In an extension of the above test, we scale up to 10,000 4K frames, divided into 43 clips, which loosely represents a 35mm film reel. As there are multiple clips to process, both older versions of PFClean profit from the additional GPU in the test system, so all versions were configured to use 2 GPUs for processing.
PFClean 2018’s improvements are clear, in Test 2, the performance gains accrued over the last 3 years amount to seven times faster exporting work (rendering) than the 2016 release. Here are some of the test results;
- 2017 > 2018: 5.7 times faster (570%)
- 2016 > 2018: 7.1 times faster (710%)
In many cases, these impressive performance gains were achieved by hard work from the development team. Other enabling factors are the improvements to GPU architectures and their respective OpenCL drivers. It is important to note that all tests are run on identical hardware i.e. if the GPU’s are upgraded, then all tests are re run across all versions (However, the GPU’s are the only components that have changed/upgraded since building the test platform).

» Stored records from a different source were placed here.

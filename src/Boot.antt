-- ===== src/Boot.antt =====
-- The start of the scheduler in zeOS/sched.c: `init_sched`, `init_idle` and `init_task1`, in the
-- order in which `main` of zeOS/system.c calls them.
pub mod Tasks
mod Tests
use so2_soa_fib.Common.{ℕ, zero, suc, ◌+◌, Option, some, ◌>>=◌, neg, pos}
use so2_soa_fib.ListHead.{Links, init_list_head, list_add, list_del, list_first}
use so2_soa_fib.Kernel.{
  Kernel, Task, set_task, freequeue, readyqueue, priorityqueue, node, nr_tasks,
  list_head_to_task_struct, allocate_dir, init_stat,
}
use so2_soa_fib.Process.{set_user_pages, l_heap_start}

-- The loop of `init_sched`: `n` tasks from `i` on are added.
unfoldable pub add_tasks : ℕ → ℕ → Links → Option Links
add_tasks zero i m = some m
add_tasks (suc n) i m = list_add (node i) freequeue m >>= add_tasks n (suc i)

-- The three queues as `init_sched` leaves them.
unfoldable pub init_queues : Links → Option Links
unfolding add_tasks init_list_head
init_queues m = do
  m ← init_list_head freequeue m
  m ← init_list_head readyqueue m
  m ← init_list_head priorityqueue m
  add_tasks nr_tasks 0 m

unfoldable pub init_sched : Kernel → Option Kernel
init_sched k = do
  m ← init_queues k.links
  some (record k { links = m; quantum_ticks = neg 1; spf_ticks = neg 1; spf_sem = neg 1 })

-- `init_idle`; the two words on the stack of the task are in Processor/Switch.
unfoldable pub init_idle : Kernel → Option Kernel
unfolding set_task allocate_dir
init_idle k = do
  task_head ← list_first freequeue k.links
  m ← list_del task_head k.links
  i ← list_head_to_task_struct task_head
  let k = set_task i (record (k.task i) { pid = pos 0 }) (record k { links = m })
  some (record (allocate_dir i k) { idle_task = i })

-- `init_task1`: `tss.esp0` and the register MSR 0x175 are set together.
unfoldable pub init_task1 : Kernel → Option Kernel
unfolding set_task allocate_dir init_stat
init_task1 k = do
  task_head ← list_first freequeue k.links
  m ← list_del task_head k.links
  i ← list_head_to_task_struct task_head
  let t : Task = record (k.task i) { pid = pos 1; brk = l_heap_start; quantum = 3; nice = 1 }
  let k = set_user_pages i (allocate_dir i (set_task i t (record k { links = m })))
  some (init_stat i (record k { esp0 = i; cr3 = (k.task i).dir }))

unfoldable pub start : Kernel → Option Kernel
start k = do k ← init_sched k; k ← init_idle k; init_task1 k
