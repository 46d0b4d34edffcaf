-- ===== src/ListHead/Chain.antt =====
-- Chains of `next` and of `prev` pointers, and what one unlinking or linking does to each.
use so2_soa_fib.Common.{
  ◌≡◌, ◌≢◌, sym, ◌∙◌, List, [], ◌∷◌, ◌++◌, update, update_self, update_ne, Out, Distinct, Out-left,
  Out-right,
}
use so2_soa_fib.ListHead.{Ptr}

-- From `p` the pointers of `f` lead through `xs` to `q`.
abbrev pub NextChain : (Ptr → Ptr) → Ptr → List Ptr → Ptr → Type 0
NextChain f p [] q = f p ≡ q
NextChain f p (x ∷ xs) q = (f p ≡ x) × NextChain f x xs q

-- The pointers of `g` lead back from `q` through `xs` to `p`.
abbrev pub PrevChain : (Ptr → Ptr) → Ptr → List Ptr → Ptr → Type 0
PrevChain g p [] q = g q ≡ p
PrevChain g p (x ∷ xs) q = (g x ≡ p) × PrevChain g x xs q

abbrev pub first_of : List Ptr → Ptr → Ptr
first_of [] q = q
first_of (x ∷ xs) q = x

abbrev pub last_of : Ptr → List Ptr → Ptr
last_of p [] = p
last_of p (x ∷ xs) = last_of x xs

pub ne-first_of : (y q : Ptr) (zs : List Ptr) → y ≢ q → Out y zs → y ≢ first_of zs q
ne-first_of y q [] n h = n
ne-first_of y q (z ∷ zs) n h = h.0

pub ne-last_of : (y p : Ptr) (ys : List Ptr) → y ≢ p → Out y ys → y ≢ last_of p ys
ne-last_of y p [] n h = n
ne-last_of y p (x ∷ xs) n h = ne-last_of y x xs h.0 h.1

module _ (f : Ptr → Ptr) (a v : Ptr) where
  pub NextChain-update :
      (p : Ptr) (xs : List Ptr) (q : Ptr)
      → Out a (p ∷ xs)
      → NextChain f p xs q
      → NextChain (update f a v) p xs q
  NextChain-update p [] q out c = update_ne f a v (λ e. out.0 (sym e)) ∙ c
  NextChain-update p (x ∷ xs) q out c =
      (update_ne f a v (λ e. out.0 (sym e)) ∙ c.0, NextChain-update x xs q out.1 c.1)

  pub PrevChain-update :
      (p : Ptr) (xs : List Ptr) (q : Ptr)
      → a ≢ q
      → Out a xs
      → PrevChain f p xs q
      → PrevChain (update f a v) p xs q
  PrevChain-update p [] q n out c = update_ne f a v (λ e. n (sym e)) ∙ c
  PrevChain-update p (x ∷ xs) q n out c =
      (update_ne f a v (λ e. out.0 (sym e)) ∙ c.0, PrevChain-update x xs q n out.1 c.1)

pub NextChain-first :
    (f : Ptr → Ptr) (p : Ptr) (xs : List Ptr) (q : Ptr) → NextChain f p xs q → f p ≡ first_of xs q
NextChain-first f p [] q c = c
NextChain-first f p (x ∷ xs) q c = c.0

pub PrevChain-last :
    (g : Ptr → Ptr) (p : Ptr) (xs : List Ptr) (q : Ptr) → PrevChain g p xs q → g q ≡ last_of p xs
PrevChain-last g p [] q c = c
PrevChain-last g p (x ∷ xs) q c = PrevChain-last g x xs q c.1

pub NextChain-split :
    (f : Ptr → Ptr) (p : Ptr) (ys : List Ptr) (x : Ptr) (zs : List Ptr) (q : Ptr)
    → NextChain f p (ys ++ x ∷ zs) q
    → NextChain f x zs q
NextChain-split f p [] x zs q c = c.1
NextChain-split f p (y ∷ ys) x zs q c = NextChain-split f y ys x zs q c.1

pub PrevChain-split :
    (g : Ptr → Ptr) (p : Ptr) (ys : List Ptr) (x : Ptr) (zs : List Ptr) (q : Ptr)
    → PrevChain g p (ys ++ x ∷ zs) q
    → (g x ≡ last_of p ys) × PrevChain g x zs q
PrevChain-split g p [] x zs q c = (c.0, c.1)
PrevChain-split g p (y ∷ ys) x zs q c = PrevChain-split g y ys x zs q c.1

-- The first pointer of a chain of `prev` may be turned to another node.
pub PrevChain-retarget :
    (g : Ptr → Ptr) (x p : Ptr) (zs : List Ptr) (q : Ptr)
    → Distinct zs
    → Out q zs
    → PrevChain g x zs q
    → PrevChain (update g (first_of zs q) p) p zs q
PrevChain-retarget g x p [] q d out c = update_self g q p
PrevChain-retarget g x p (z ∷ zs) q d out c =
    (update_self g z p, PrevChain-update g z p z zs q (λ e. out.0 (sym e)) d.0 c.1)

-- `list_del`: the two pointers that are written leave a chain without `x`.
pub NextChain-remove :
    (f : Ptr → Ptr) (p : Ptr) (ys : List Ptr) (x : Ptr) (zs : List Ptr) (q : Ptr)
    → Distinct (p ∷ ys ++ zs)
    → NextChain f p (ys ++ x ∷ zs) q
    → NextChain (update f (last_of p ys) (first_of zs q)) p (ys ++ zs) q
NextChain-remove f p [] x [] q d c = update_self f p q
NextChain-remove f p [] x (z ∷ zs) q d c =
    (update_self f p z, NextChain-update f p z z zs q d.0 c.1.1)
NextChain-remove f p (y ∷ ys) x zs q d c = (
  update_ne f (last_of y ys) (first_of zs q) (ne-last_of p y ys d.0.0 (Out-left p ys zs d.0.1))
      ∙ c.0,
  NextChain-remove f y ys x zs q d.1 c.1,
)

pub PrevChain-remove :
    (g : Ptr → Ptr) (p : Ptr) (ys : List Ptr) (x : Ptr) (zs : List Ptr) (q : Ptr)
    → Distinct (ys ++ zs)
    → Out q (ys ++ zs)
    → PrevChain g p (ys ++ x ∷ zs) q
    → PrevChain (update g (first_of zs q) (last_of p ys)) p (ys ++ zs) q
PrevChain-remove g p [] x zs q d out c = PrevChain-retarget g x p zs q d out c.1
PrevChain-remove g p (y ∷ ys) x zs q d out c = (
  update_ne g (first_of zs q) (last_of y ys)
        (ne-first_of y q zs (λ e. out.0 (sym e)) (Out-right y ys zs d.0))
      ∙ c.0,
  PrevChain-remove g y ys x zs q d.1 out.1 c.1,
)

-- `__list_add`: the four pointers that are written leave a chain with `new` between the parts.
pub NextChain-insert :
    (f : Ptr → Ptr) (p : Ptr) (ys : List Ptr) (new : Ptr) (zs : List Ptr) (q : Ptr)
    → Distinct (p ∷ ys ++ zs)
    → Out new (p ∷ ys ++ zs)
    → NextChain f p (ys ++ zs) q
    → NextChain (update (update f new (first_of zs q)) (last_of p ys) new) p (ys ++ new ∷ zs) q
NextChain-insert f p [] new [] q d out c =
    (update_self _ p new, update_ne _ p new out.0 ∙ update_self f new q)
NextChain-insert f p [] new (z ∷ zs) q d out c = (
  update_self _ p new,
  (
    update_ne _ p new out.0 ∙ update_self f new z,
    NextChain-update _ p new z zs q d.0 (NextChain-update f new z z zs q out.1 c.1),
  ),
)
NextChain-insert f p (y ∷ ys) new zs q d out c = (
  update_ne _ (last_of y ys) new (ne-last_of p y ys d.0.0 (Out-left p ys zs d.0.1))
      ∙ (update_ne f new (first_of zs q) (λ e. out.0 (sym e)) ∙ c.0),
  NextChain-insert f y ys new zs q d.1 out.1 c.1,
)

pub PrevChain-insert :
    (g : Ptr → Ptr) (p : Ptr) (ys : List Ptr) (new : Ptr) (zs : List Ptr) (q : Ptr)
    → Distinct (ys ++ zs)
    → Out q (ys ++ zs)
    → new ≢ q
    → Out new (ys ++ zs)
    → PrevChain g p (ys ++ zs) q
    → PrevChain (update (update g (first_of zs q) new) new (last_of p ys)) p (ys ++ new ∷ zs) q
PrevChain-insert g p [] new zs q d out n fresh c = (
  update_self _ new p,
  PrevChain-update _ new p new zs q n fresh (PrevChain-retarget g p new zs q d out c),
)
PrevChain-insert g p (y ∷ ys) new zs q d out n fresh c = (
  update_ne _ new (last_of y ys) (λ e. fresh.0 (sym e))
      ∙ (update_ne g (first_of zs q) new
            (ne-first_of y q zs (λ e. out.0 (sym e)) (Out-right y ys zs d.0))
          ∙ c.0),
  PrevChain-insert g y ys new zs q d.1 out.1 n fresh.1 c.1,
)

The above system, in combination with PFClean 2018, is capable of outputting close to a feature length film in the time it took to output a reel in 2017. High volume commercial film and video restoration is possible on affordable hardware. A well considered, balanced workstation can provide the necessary throughput required to complete projects on time and on budget. In many cases over specifying components yields diminishing returns on investment.